DACA rally in March 2018


In his ruling, Bates said that the Department of Homeland Security does have the right to end DACA — but only if they can prove that they are doing it for good reason.

He wrote, “if DHS wishes to rescind the program—or to take any other action, for that matter—it must give a rational explanation for its decision.”

He said the government has to offer more than “a hodgepodge of of illogical or post hoc policy assertions” if it wants to end the DACA program.

But he also granted the administration 20 days in case they want to appeal his decision.


4. Judge Bates First Ordered Trump to Re-Instate DACA Back in April. On Friday, He Repeated That Ending DACA Would Be ‘Illegal’

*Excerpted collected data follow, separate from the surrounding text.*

-- ===== src/Identity/Model.antt =====
-- The tables of the identity module and what a request carries (identity.go). Times are nanoseconds since
-- the epoch. The recovery hashes are the decoded array of their column; a cell of JSON that does not decode
-- is left out.
use nexa_panel.Prelude.{ℕ, Bool, Option, List, Text}

pub record UserModel : Type 0 where
  pub id : Text
  pub username : Text
  pub role : Text
  pub totp_secret_encrypted : Option Text
  pub totp_confirmed_at : Option ℕ
  pub totp_last_step : ℕ
  pub recovery_code_hashes : List Text

pub record SessionModel : Type 0 where
  pub id : Text
  pub user_id : Text
  pub token_hash : Text
  pub created_at : ℕ
  pub expires_at : ℕ
  pub last_seen_at : ℕ
  pub mfa_verified_at : Option ℕ
  pub csrf_token_hash : Text

pub record Db : Type 0 where
  pub users : List UserModel
  pub sessions : List SessionModel

pub record Principal : Type 0 where
  pub id : Text
  pub username : Text
  pub role : Text
  pub session_id : Text
  pub token_hash : Text
  pub csrf_token_hash : Text
  pub mfa_verified_at : Option ℕ
  pub totp_confirmed_at : Option ℕ

pub record Request : Type 0 where
  pub method : Text
  pub path : Text
  pub host : Text
  pub cookie : Option Text
  pub origin : Text
  pub sec_fetch_site : Text
  pub referer : Text
  pub csrf_token : Text
  pub background : Text

-- Outside the module: crypto/sha256, the host of a URL that `url.Parse` accepts, and `strings.EqualFold`;
-- `strings.ToUpper`; decryption of a stored secret; the bytes of base32 text; the HMAC code of a step; and
-- the hash of a recovery code.
pub record Outside : Type 0 where
  pub sha256 : Text → Text
  pub url_host : Text → Option Text
  pub equal_fold : Text → Text → Bool
  pub decrypt : Text → Text → Option Text
  pub to_upper : Text → Text
  pub base32 : Text → Option Text
  pub totp_code : Text → ℕ → Text
  pub hash_recovery_code : Text → Text
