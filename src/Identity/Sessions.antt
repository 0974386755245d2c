-- ===== src/Identity/Sessions.antt =====
-- Who a request comes from, and whether it came from this panel (sessions.go, and `Middleware` and the two
-- context readers of identity.go). A refusal is the code of its response.
use nexa_panel.Prelude.{
  ℕ, ◌-◌, Bool, true, false, not, ◌||◌, ◌&&◌, ◌==◌, Option, none, some, List, [], ◌∷◌, Text, codes,
  is_empty, text_eq, trim_space, byte_len, ltb, leb, select, map, if◌then◌else◌,
}
use nexa_panel.Jobs.Redact.{starts_with}
use nexa_panel.Identity.Model.{UserModel, SessionModel, Db, Principal, Request, Outside}

pub data Answer (A : Type 0) : Type 0 where
  granted : A → Answer A
  refused : Text → Answer A

abbrev pub user_with : Text → List UserModel → Option UserModel
user_with id [] = none
user_with id (user ∷ users) = if text_eq user.id id then some user else user_with id users

-- A row of the join of a session and its user.
abbrev pub Joined : Type 0
Joined = SessionModel × UserModel

abbrev pub join_user : SessionModel → Option UserModel → Option Joined → Option Joined
join_user session none rest = rest
join_user session (some user) rest = some (session, user)

-- The session of a token hash, with its user.
unfoldable pub find_session : Text → List UserModel → List SessionModel → Option Joined
find_session hash users [] = none
find_session hash users (session ∷ sessions) =
    let rest = find_session hash users sessions in
    if text_eq session.token_hash hash
    then join_user session (user_with session.user_id users) rest
    else rest

unfoldable pub drop_token : Text → Db → Db
drop_token hash db = record db {
  sessions = select (λ (s : SessionModel). not (text_eq s.token_hash hash)) db.sessions;
}

abbrev seen_at : Text → ℕ → SessionModel → SessionModel
seen_at id now s = if text_eq s.id id then record s { last_seen_at = now } else s

unfoldable pub touch : Text → ℕ → Db → Db
touch id now db = record db { sessions = map (seen_at id now) db.sessions }

abbrev pub principal_of : Text → SessionModel → UserModel → Principal
principal_of hash session user = record {
  id = user.id;
  username = user.username;
  role = user.role;
  session_id = session.id;
  token_hash = hash;
  csrf_token_hash = session.csrf_token_hash;
  mfa_verified_at = session.mfa_verified_at;
  totp_confirmed_at = user.totp_confirmed_at;
}

-- `backgroundRequest`
unfoldable pub background_request : Request → Bool
background_request r = text_eq (trim_space r.background) (codes "1")

unfoldable pub safe_method : Text → Bool
safe_method method =
    text_eq method (codes "GET")
    || text_eq method (codes "HEAD")
    || text_eq method (codes "OPTIONS")

abbrev pub is_none : Option ℕ → Bool
is_none none = true
is_none (some _) = false

module _ (out : Outside) where
  abbrev host_is : Text → Option Text → Bool
  host_is host none = false
  host_is host (some other) = out.equal_fold other host

  unfoldable pub valid_request_origin : Request → Bool
  unfolding safe_method
  valid_request_origin r =
      if safe_method r.method
      then true
      else if not (is_empty r.origin) && not (text_eq r.origin (codes "null"))
      then host_is r.host (out.url_host r.origin)
      else if text_eq r.sec_fetch_site (codes "same-origin")
          || text_eq r.sec_fetch_site (codes "none")
      then true
      else if text_eq r.sec_fetch_site (codes "same-site")
          || text_eq r.sec_fetch_site (codes "cross-site")
      then false
      else if not (is_empty r.referer)
      then host_is r.host (out.url_host r.referer)
      else false

  unfoldable pub valid_csrf_token : Request → Principal → Bool
  unfolding safe_method
  valid_csrf_token r person =
      if safe_method r.method
      then true
      else if is_empty (trim_space r.csrf_token)
      then false
      else text_eq (out.sha256 (trim_space r.csrf_token)) person.csrf_token_hash

  -- `enforceOriginAndCSRF`: the refusal, if there is one
  unfoldable pub enforce_origin_and_csrf : Request → Principal → Bool → Option Text
  enforce_origin_and_csrf r person allow_tool_proxy =
      if not (valid_request_origin r)
      then some (codes "invalid_origin")
      else if allow_tool_proxy && starts_with (codes "/tools/") r.path
      then none
      else if not (valid_csrf_token r person)
      then some (codes "invalid_csrf_token")
      else none

  abbrev pub answered : Principal → Option Text → Answer Principal
  answered person none = granted person
  answered person (some e) = refused e

  -- What `Middleware` does with a principal.
  abbrev pub admit : Request → Principal → Answer Principal
  admit r person =
      if not (is_none person.totp_confirmed_at) && is_none person.mfa_verified_at
      then refused (codes "mfa_required")
      else answered person (enforce_origin_and_csrf r person true)

  abbrev pub pass_on : Request → Answer Principal × Db → Answer Principal × Db
  pass_on r (granted person, db) = (admit r person, db)
  pass_on r (refused _, db) = (refused (codes "authentication_required"), db)

  abbrev check_session : Request → Answer Principal × Db → Answer Principal × Db
  check_session r (refused e, db) = (refused e, db)
  check_session r (granted person, db) =
      if not (valid_request_origin r)
      then (refused (codes "invalid request origin"), db)
      else if not (valid_csrf_token r person)
      then (refused (codes "csrf verification failed"), db)
      else (granted person, db)

  abbrev pass_challenge : Request → Answer Principal × Db → Answer Principal × Db
  pass_challenge r (refused _, db) = (refused (codes "authentication_required"), db)
  pass_challenge r (granted person, db) =
      (answered person (enforce_origin_and_csrf r person false), db)

  module _ (idle_timeout : ℕ) where
    unfoldable pub authenticate_row :
        Request → ℕ → Text → Option Joined → Db → Answer Principal × Db
    authenticate_row r now hash none db = (refused (codes "session not found"), db)
    authenticate_row r now hash (some (session, user)) db =
        if not (ltb now session.expires_at)
        then (refused (codes "session expired"), drop_token hash db)
        else if ltb idle_timeout (now - session.last_seen_at)
        then (refused (codes "session idle timeout"), drop_token hash db)
        else if is_empty session.csrf_token_hash
        then (refused (codes "session predates csrf binding"), drop_token hash db)
        else (
          granted (principal_of hash session user),
          if background_request r then db else touch session.id now db,
        )

    unfoldable pub authenticate_cookie : Request → ℕ → Option Text → Db → Answer Principal × Db
    unfolding authenticate_row
    authenticate_cookie r now none db = (refused (codes "session cookie is missing"), db)
    authenticate_cookie r now (some value) db =
        if not (byte_len value == 64)
        then (refused (codes "session cookie is missing"), db)
        else authenticate_row r now (out.sha256 value)
            (find_session (out.sha256 value) db.users db.sessions) db

    unfoldable pub authenticate : Request → ℕ → Db → Answer Principal × Db
    unfolding authenticate_cookie
    authenticate r now db = authenticate_cookie r now r.cookie db

    unfoldable pub middleware : Request → ℕ → Db → Answer Principal × Db
    unfolding enforce_origin_and_csrf authenticate
    middleware r now db = pass_on r (authenticate r now db)

    unfoldable pub require_session : Request → ℕ → Db → Answer Principal × Db
    unfolding authenticate
    require_session r now db = check_session r (authenticate r now db)

    -- `preAuthentication`, which every call of the second factor opens with
    unfoldable pub pre_authentication : Request → ℕ → Db → Answer Principal × Db
    unfolding enforce_origin_and_csrf authenticate
    pre_authentication r now db = pass_challenge r (authenticate r now db)

-- `RecentMFA`
unfoldable pub recent_mfa : Option ℕ → ℕ → ℕ → Bool
recent_mfa none now max_age = false
recent_mfa (some verified_at) now max_age =
    ltb 0 max_age && leb verified_at now && leb (now - verified_at) max_age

GettyPro-DACA protesters in March 2018


In April this year, Judge Bates first heard the argument against DACA.

The case was brought by the NAACP, Princeton University, and Microsoft. You can read their filing here.

In April, Judge Bates ruled that ending DACA would be unlawful. But he told the administration to prepare a memo setting out its legal basis for ending the program. On Friday, he ruled that the memo had failed to present new information, and that it was not convincing. He ruled, therefore, that it would be illegal for DACA to be ended.


5. Bates, a Vietnam Vet, Was Appointed to the District Court by President George W Bush. He Is Married With Three Children

Bates is the senior judge on the federal district court in Washington, D.C. He was appointed to that court in December 2001, by then-president George W Bush.

Bates was born in Elizabeth, New Jersey in 1946. He graduated from Wesleyan University in 1968 and got his law degree from the University of Maryland in 1976.

He served in the US Army from 1968 to 1971. During that time, he did a tour in Vietnam.

Bates is married to Carol Ann Rhees, a former lawyer. They lives in Bethesda, Maryland, and have three children.